INPUT FOR THIS TASK:
-- ===== src/Tests/FullRings.antt =====
-- Inputs for the bounded maps of pkg/relay/nativewg.go: a map at its bound.
use ntwire.Base.{
  ltb, if◌then◌else◌, suc, zero, some, refl, ite, ◌∷◌, has, none, ◌++◌, bit, arith, ◌≡◌, [], IsMap,
  ℕ_discrete, count, length, Map, List, ◌≤◌, lookup, ℕ,
}
use ntwire.Relay.NativeWireguard.{Ring, write_entry, native_wg_max_indices}
use ntwire.Relay.NativeWireguard.Fifo.{queue, write_entry_refines}
use ntwire.Relay.NativeWireguard.Fifo.Rings.{IsRing}

-- n-1 down to 0, each with the value 1
abbrev down : ℕ → List ℕ
down zero = []
down (suc n) = n ∷ down n

abbrev ones : ℕ → Map ℕ ℕ
ones zero = []
ones (suc n) = (n, 1) ∷ ones n

abbrev ring_of : ℕ → Ring ℕ
ring_of n = record { entries = ones n; order = down n; next = 0 }

length-down : (n : ℕ) → length (down n) ≡ n
length-down zero = refl
length-down (suc n) = omega (arith, length-down n)

length-ones : (n : ℕ) → length (ones n) ≡ n
length-ones zero = refl
length-ones (suc n) = omega (arith, length-ones n)

lookup-ones : (n k : ℕ) → n ≤ k → lookup ℕ_discrete k (ones n) ≡ none
unfolding lookup
lookup-ones zero k h = refl
lookup-ones (suc n) k h = ground (arith, lookup-ones n k (omega arith))

ones-IsMap : (n : ℕ) → IsMap ℕ_discrete (ones n)
ones-IsMap zero = tt
ones-IsMap (suc n) = (lookup-ones n n (omega arith), ones-IsMap n)

count-down : (n j : ℕ) → count j (down n) ≡ bit (has ℕ_discrete j (ones n))
unfolding lookup
count-down zero j = refl
count-down (suc n) j = ground (arith, count-down n j, lookup-ones n n (omega arith))

ring_of-IsRing : (n : ℕ) → n ≤ native_wg_max_indices → IsRing (ring_of n)
ring_of-IsRing n h = record {
  keyed = ones-IsMap n;
  listed = λ j. count-down n j;
  sized = omega (arith, length-ones n, length-down n);
  bounded = omega (arith, length-down n, h);
  placed = omega arith;
  unplaced = λ _. refl;
}

-- The oldest key, 4095, makes room for the key 5000.
write_entry_refines_example :
    (queue (write_entry 5000 9 (ring_of 4096)) ≡ down 4095 ++ (5000 ∷ []))
    × ((j : ℕ)
        → lookup ℕ_discrete j (write_entry 5000 9 (ring_of 4096)).entries
          ≡ ite (ℕ_discrete 5000 j) (some 9) (
              if ltb 0 (count j (down 4095 ++ (5000 ∷ [])))
              then lookup ℕ_discrete j (ring_of 4096).entries
              else none))
unfolding lookup ℕ_discrete
write_entry_refines_example =
    write_entry_refines 5000 9 (ring_of 4096) (ring_of-IsRing 4096 (omega arith))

EXERCISE BRIEF: Word for word, give the whole listing again.

OUTPUT:
-- ===== src/Tests/FullRings.antt =====
-- Inputs for the bounded maps of pkg/relay/nativewg.go: a map at its bound.
use ntwire.Base.{
  ltb, if◌then◌else◌, suc, zero, some, refl, ite, ◌∷◌, has, none, ◌++◌, bit, arith, ◌≡◌, [], IsMap,
  ℕ_discrete, count, length, Map, List, ◌≤◌, lookup, ℕ,
}
use ntwire.Relay.NativeWireguard.{Ring, write_entry, native_wg_max_indices}
use ntwire.Relay.NativeWireguard.Fifo.{queue, write_entry_refines}
use ntwire.Relay.NativeWireguard.Fifo.Rings.{IsRing}

-- n-1 down to 0, each with the value 1
abbrev down : ℕ → List ℕ
down zero = []
down (suc n) = n ∷ down n

abbrev ones : ℕ → Map ℕ ℕ
ones zero = []
ones (suc n) = (n, 1) ∷ ones n

abbrev ring_of : ℕ → Ring ℕ
ring_of n = record { entries = ones n; order = down n; next = 0 }

length-down : (n : ℕ) → length (down n) ≡ n
length-down zero = refl
length-down (suc n) = omega (arith, length-down n)

length-ones : (n : ℕ) → length (ones n) ≡ n
length-ones zero = refl
length-ones (suc n) = omega (arith, length-ones n)

lookup-ones : (n k : ℕ) → n ≤ k → lookup ℕ_discrete k (ones n) ≡ none
unfolding lookup
lookup-ones zero k h = refl
lookup-ones (suc n) k h = ground (arith, lookup-ones n k (omega arith))

ones-IsMap : (n : ℕ) → IsMap ℕ_discrete (ones n)
ones-IsMap zero = tt
ones-IsMap (suc n) = (lookup-ones n n (omega arith), ones-IsMap n)

count-down : (n j : ℕ) → count j (down n) ≡ bit (has ℕ_discrete j (ones n))
unfolding lookup
count-down zero j = refl
count-down (suc n) j = ground (arith, count-down n j, lookup-ones n n (omega arith))

ring_of-IsRing : (n : ℕ) → n ≤ native_wg_max_indices → IsRing (ring_of n)
ring_of-IsRing n h = record {
  keyed = ones-IsMap n;
  listed = λ j. count-down n j;
  sized = omega (arith, length-ones n, length-down n);
  bounded = omega (arith, length-down n, h);
  placed = omega arith;
  unplaced = λ _. refl;
}

-- The oldest key, 4095, makes room for the key 5000.
write_entry_refines_example :
    (queue (write_entry 5000 9 (ring_of 4096)) ≡ down 4095 ++ (5000 ∷ []))
    × ((j : ℕ)
        → lookup ℕ_discrete j (write_entry 5000 9 (ring_of 4096)).entries
          ≡ ite (ℕ_discrete 5000 j) (some 9) (
              if ltb 0 (count j (down 4095 ++ (5000 ∷ [])))
              then lookup ℕ_discrete j (ring_of 4096).entries
              else none))
unfolding lookup ℕ_discrete
write_entry_refines_example =
    write_entry_refines 5000 9 (ring_of 4096) (ring_of-IsRing 4096 (omega arith))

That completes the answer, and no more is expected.